Still just grit my teeth and go through Christmas for the children and grandchildren.


----------



## daggeredheart (Feb 21, 2012)

Yeah. VD suxs. I opened my present when WS was in midst of EA and the jewelry box contained One earring. He was so busy chatting he never checked his present to me before presenting it, lameeeee


----------



## Refuse to be played (Jun 7, 2013)

Last year my wife was sick on Valentines day. In bed, crying, throwing up couple of times. Turns out it was over her guilt on what she'd done and how I planned a great day for her.

I was never in to Valentines day much before her and it was something I enjoyed doing for her. Special day I'd dedicated to her. This year it's just another day to me. And honestly I don't know if I will ever be motivated to go out of my way again.


----------



## Adeline (Jan 24, 2014)

what does this mean, that "Valentine's day is one of the main days for people in an affair"? That private investigators get hired more frequently over vday to follow a spouse and his doings, or that more people find out that their spouse is cheating on vday? If it's the latter than that is really interesting, I would wonder why that is. People aren't as careful on vday or what?


----------



## Hurtin_Still (Oct 3, 2011)

.....I hate frikkin' Valentines Day.

.....it's a minefield of trigger opportunities ....and whatever I DO for my FWW .....it just isn't good enough. As if I need criticism? She should just be kissing the ground that I stayed.....

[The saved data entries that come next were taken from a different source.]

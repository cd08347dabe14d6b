-- ===== src/Flowfile/Identity/Told.antt =====
-- What an import tells of the nodes that are left without a plugin.
use Prim.Native.String.{[]}
use morph_api.Prelude.{
  ℕ, ◌+◌, suc, String, ◌≡◌, refl, ◌⊎◌, inl, inr, Bool, true, false, not, List, [], ◌∷◌, ◌++◌, ◌==◌,
  arith, eq_iff, eq_refl, if-split,
}
use morph_api.Prelude.Text.{append, trim_space}
use morph_api.Prelude.Decimal.{decimal}
use morph_api.Prelude.Membership.{mem, mem-append}
use morph_api.Json.{Fields}
use morph_api.Patch.{PatchNode}
use morph_api.Patch.Values.{is_blank}
use morph_api.Flowfile.{PluginManifestEntry, MissingAction, UnboundNode, ExtensionRecord}
use morph_api.Flowfile.Identity.{
  Resolution, bound, missing, held_back, cleared, add_missing, Stamped, unbound_node, resolved,
  action_of, resolution_of, label_of, ref_of, stamp_plugin, stamp_node, stamp_nodes,
}
use morph_api.Flowfile.Rows.{manifest_for}
use morph_api.Flowfile.Identity.Laws.{Fits, resolution-Fits}

-- The label is among the callers of the action.
abbrev pub Calls : String → String → List MissingAction → Type 0
Calls action label [] = ⊥
Calls action label (m ∷ ms) =
    ((m.action ≡ action) × (mem label m.nodes ≡ true)) ⊎ Calls action label ms

-- The label and the action stand among the nodes to bind.
abbrev pub Awaits : String → String → List UnboundNode → Type 0
Awaits action label [] = ⊥
Awaits action label (u ∷ us) = ((u.action ≡ action) × (u.ref ≡ label)) ⊎ Awaits action label us

-- What the node at a position is called: its name or else its title, trimmed, or else its number.
pub data Labelled (i : ℕ) (n : PatchNode) : String → Type 0 where
  by_ref : is_blank n.ref ≡ false → Labelled i n (trim_space n.ref)
  by_title : is_blank n.ref ≡ true → is_blank n.title ≡ false → Labelled i n (trim_space n.title)
  by_number :
      is_blank n.ref ≡ true
      → is_blank n.title ≡ true
      → Labelled i n (append "node" (decimal (i + 1)))

-- How a node is told of: a plugin node that names an action is bound, or told of by its label.
pub data Told (exts : List ExtensionRecord) (i : ℕ) (n : PatchNode) (ms : List MissingAction)
    (us : List UnboundNode) : Type 0 where
  no_plugin : (n.kind == "plugin") ≡ false → Told exts i n ms us
  no_action : action_of n.payload ≡ "" → Told exts i n ms us
  has_row : (r : ExtensionRecord) → Fits exts n.payload (bound r) → Told exts i n ms us
  told_missing :
      (label : String)
      → Fits exts n.payload missing
      → Labelled i n label
      → Calls (action_of n.payload) label ms
      → Told exts i n ms us
  told_unbound :
      (cands : List ExtensionRecord) (label : String)
      → Fits exts n.payload (held_back cands)
      → Labelled i n label
      → Awaits (action_of n.payload) label us
      → Told exts i n ms us

-- each node from the position on
abbrev pub AllTold :
    List ExtensionRecord → ℕ → List PatchNode → List MissingAction → List UnboundNode → Type 0
AllTold exts i [] ms us = Unit
AllTold exts i (n ∷ ns) ms us = Told exts i n ms us × AllTold exts (suc i) ns ms us

label_of-Labelled : (i : ℕ) (n : PatchNode) → Labelled i n (label_of i n)
label_of-Labelled i n =
    if-split (Labelled i n) (not (is_blank n.ref)) _ _ (λ e. by_ref (ground (arith, e)))
      (λ e.
        if-split (Labelled i n) (not (is_blank n.title)) _ _
          (λ f. by_title (ground (arith, e)) (ground (arith, f)))
          (λ f. by_number (ground (arith, e)) (ground (arith, f))))

ref_of-Labelled : (i : ℕ) (n : PatchNode) → Labelled i n (ref_of i n)
ref_of-Labelled i n =
    if-split (Labelled i n) (is_blank n.ref) _ _ (λ e. label_of-Labelled i n) (λ e. by_ref e)

add_missing-Calls :
    (entry : PluginManifestEntry) (action label : String) (ms : List MissingAction)
    → Calls action label (add_missing entry action label ms)
unfolding add_missing mem
add_missing-Calls entry action label [] = inl (refl, rw (eq_refl label) refl)
add_missing-Calls entry action label (m ∷ ms) =
    if-split (Calls action label) (m.action == action) _ _
      (λ e. inl (
        ground (arith, eq_iff m.action action),
        ground (arith, mem-append label m.nodes (label ∷ []), eq_refl label),
      ))
      (λ e. inr (add_missing-Calls entry action label ms))

add_missing-keeps :
    (entry : PluginManifestEntry) (action label b l : String) (ms : List MissingAction)
    → Calls b l ms
    → Calls b l (add_missing entry action label ms)
unfolding add_missing mem
add_missing-keeps entry action label b l [] h = absurd h
add_missing-keeps entry action label b l (m ∷ ms) (inl (a, k)) =
    if-split (Calls b l) (m.action == action) _ _
      (λ e. inl (a, ground (arith, mem-append l m.nodes (label ∷ []), k))) (λ e. inl (a, k))
add_missing-keeps entry action label b l (m ∷ ms) (inr h) =
    if-split (Calls b l) (m.action == action) _ _ (λ e. inr h)
      (λ e. inr (add_missing-keeps entry action label b l ms h))

Awaits-last :
    (action label : String) (u : UnboundNode) (us : List UnboundNode)
    → u.action ≡ action
    → u.ref ≡ label
    → Awaits action label (us ++ u ∷ [])
Awaits-last action label u [] a r = inl (a, r)
Awaits-last action label u (v ∷ us) a r = inr (Awaits-last action label u us a r)

Awaits-append :
    (action label : String) (us vs : List UnboundNode)
    → Awaits action label us
    → Awaits action label (us ++ vs)
Awaits-append action label [] vs h = absurd h
Awaits-append action label (u ∷ us) vs (inl h) = inl h
Awaits-append action label (u ∷ us) vs (inr h) = inr (Awaits-append action label us vs h)

-- What was told before is told after.
abbrev Grows : Stamped → Stamped → Type 0
Grows s t =
    ((a l : String) → Calls a l s.missing → Calls a l t.missing)
    × ((a l : String) → Awaits a l s.unbound → Awaits a l t.unbound)

Told-Grows :
    (exts : List ExtensionRecord) (i : ℕ) (n : PatchNode) (s t : Stamped)
    → Grows s t
    → Told exts i n s.missing s.unbound
    → Told exts i n t.missing t.unbound
Told-Grows exts i n s t g (no_plugin e) = no_plugin e
Told-Grows exts i n s t g (no_action e) = no_action e
Told-Grows exts i n s t g (has_row r f) = has_row r f
Told-Grows exts i n s t g (told_missing label f l c) =
    told_missing label f l (g.0 (action_of n.payload) label c)
Told-Grows exts i n s t g (told_unbound cands label f l c) =
    told_unbound cands label f l (g.1 (action_of n.payload) label c)

module _ (exts builtins : List ExtensionRecord) (manifest : List PluginManifestEntry) where
  resolved-Grows :
      (i : ℕ) (n : PatchNode) (action : String) (manual : Bool) (held : Fields) (s : Stamped)
      (res : Resolution)
      → Grows s (resolved exts builtins manifest i n action manual held s res)
  resolved-Grows i n action manual held s (bound r) = (λ a l h. h, λ a l h. h)
  resolved-Grows i n action manual held s missing = (
    λ a l h. add_missing-keeps (manifest_for manifest action) action (label_of i n) a l s.missing h,
    λ a l h. h,
  )
  resolved-Grows i n action manual held s (held_back cands) = (
    λ a l h. h,
    λ a l h.
        Awaits-append a l s.unbound
          (unbound_node exts builtins manifest i n action manual cands ∷ []) h,
  )

  stamp_node-Grows :
      (i : ℕ) (n : PatchNode) (s : Stamped) → Grows s (stamp_node exts builtins manifest i n s)
  unfolding stamp_node stamp_plugin
  stamp_node-Grows i n s =
      if-split (Grows s) (n.kind == "plugin") _ _
        (λ is.
          if-split (Grows s) (action_of n.payload == "") _ _ (λ e. (λ a l h. h, λ a l h. h))
            (λ e. resolved-Grows i n _ _ (cleared n.payload) s (resolution_of exts n.payload)))
        (λ isnt. (λ a l h. h, λ a l h. h))

  stamp_nodes-Grows :
      (i : ℕ) (ns : List PatchNode) (s : Stamped)
      → Grows s (stamp_nodes exts builtins manifest i ns s)
  unfolding stamp_nodes
  stamp_nodes-Grows i [] s = (λ a l h. h, λ a l h. h)
  stamp_nodes-Grows i (n ∷ ns) s =
      let t = stamp_node exts builtins manifest i n s in
      let (m, u) = stamp_node-Grows i n s in
      let (m', u') = stamp_nodes-Grows (suc i) ns t in
      (λ a l h. m' a l (m a l h), λ a l h. u' a l (u a l h))

  resolved-Told :
      (i : ℕ) (n : PatchNode) (manual : Bool) (held : Fields) (s : Stamped) (res : Resolution)
      → Fits exts n.payload res
      → let t = resolved exts builtins manifest i n (action_of n.payload) manual held s res in
        Told exts i n t.missing t.unbound
  resolved-Told i n manual held s (bound r) f = has_row r f
  resolved-Told i n manual held s missing f =
      told_missing (label_of i n) f (label_of-Labelled i n) (
        add_missing-Calls (manifest_for manifest (action_of n.payload)) (action_of n.payload)
          (label_of i n) s.missing)
  resolved-Told i n manual held s (held_back cands) f =
      told_unbound cands (ref_of i n) f (ref_of-Labelled i n) (
        Awaits-last (action_of n.payload) (ref_of i n)
          (unbound_node exts builtins manifest i n (action_of n.payload) manual cands) s.unbound
          refl refl)

  stamp_node-Told :
      (i : ℕ) (n : PatchNode) (s : Stamped)
      → let t = stamp_node exts builtins manifest i n s in Told exts i n t.missing t.unbound
  unfolding stamp_node stamp_plugin
  stamp_node-Told i n s =
      let Goal : Stamped → Type 0 = λ t. Told exts i n t.missing t.unbound in
      if-split Goal (n.kind == "plugin") _ _
        (λ is.
          if-split Goal (action_of n.payload == "") _ _
            (λ e. no_action (ground (arith, eq_iff (action_of n.payload) "")))
            (λ e.
              resolved-Told i n _ (cleared n.payload) s (resolution_of exts n.payload)
                (resolution-Fits exts n.payload _ _ _ refl refl refl)))
        (λ isnt. no_plugin isnt)

  pub stamp_nodes-Told :
      (i : ℕ) (ns : List PatchNode) (s : Stamped)
      → let t = stamp_nodes exts builtins manifest i ns s in AllTold exts i ns t.missing t.unbound
  unfolding stamp_nodes
  stamp_nodes-Told i [] s = tt
  stamp_nodes-Told i (n ∷ ns) s =
      let t = stamp_node exts builtins manifest i n s in
      (
        Told-Grows exts i n t (stamp_nodes exts builtins manifest (suc i) ns t)
            (stamp_nodes-Grows (suc i) ns t) (stamp_node-Told i n s),
        stamp_nodes-Told (suc i) ns t,
      )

( sorry ...I'm bit emotional / on edge today)


----------



## BURNT KEP (Oct 3, 2012)

lordmayhem said:


> According to the cheating sites on the web, many private investigators, etc, the day before, the day of, and the day after Valentine's Day are one of the main days for people in an affair. There will be many people who will have DDays around this time.
> 
> For those in the beginning of R.....watch for fishing!
> 
> This is a tough period from some BSs, and for some, this day is now tainted. For me personally, its not so much a trigger anymore. But I do remember from my investigation, my fWW had to call the OM first thing in the morning and greet him on facebook...even though I put out her surprise gifts and balloon (she hates flowers) the night before. And it burned me later to think that she was thinking of him even as I was taking her out to dinner that night. Of course I found out later that she called him before going to bed. So now for me, Valentine's Day isn't so special anymore.


I found out that my ww was with her ap on Valentines day a few years back and now that day and most others do not mean much anymore.


----------



## Thorburn (Nov 23, 2011)

It is my wife's B-day. At least this year we be spending it in two doctor's offices as she has two appointments that day and I will drive her about two hours to get there.


----------



## martyc47 (Oct 20, 2011)

Plus Christmas, WS's Bday, BS's Bday, Kids' Bdays, St. Patricks Day, Presidents Day, Arbor Day...


----------



## jupiter13 (Jun 8, 2012)

This valentines day as much pain and hurt I am still in I am going to make an attempt to recapture my husband. He says he loves me and he is here for me etc etc but it always hard to believ and hear as my mind says, "yeah right that is why you were with her." So to put some bad thinking be hind me and am giving him a card with his wedding ring in it. This is going to be my way of saying I am not going anywhere and that I still love and want him. it is the best I can do and my way of taking a positive step forward even if I don't want too or feel like I should. I need to do this for me.


----------



## F-102 (Sep 15, 2010)

I read somewhere that Feb. 15 is the GOLD MINE day for affair sites and D attorneys, especially with would be WWs and angry Ws because they expected their men to do something impossibly romantic on 2/14, but their men failed to deliver, and so they saw that as a sign that the man was either not really in love with them, or complete and abject failures in the romance department.


----------



## Oldfaithful (Nov 27, 2013)

F-102 said:


> I read somewhere that Feb. 15 is the GOLD MINE day for affair sites and D attorneys, especially with would be WWs and angry Ws because they expected their men to do something impossibly romantic on 2/14, but their men failed to deliver, and so they saw that as a sign that the man was either not really in love with them, or complete and abject failures in the romance department.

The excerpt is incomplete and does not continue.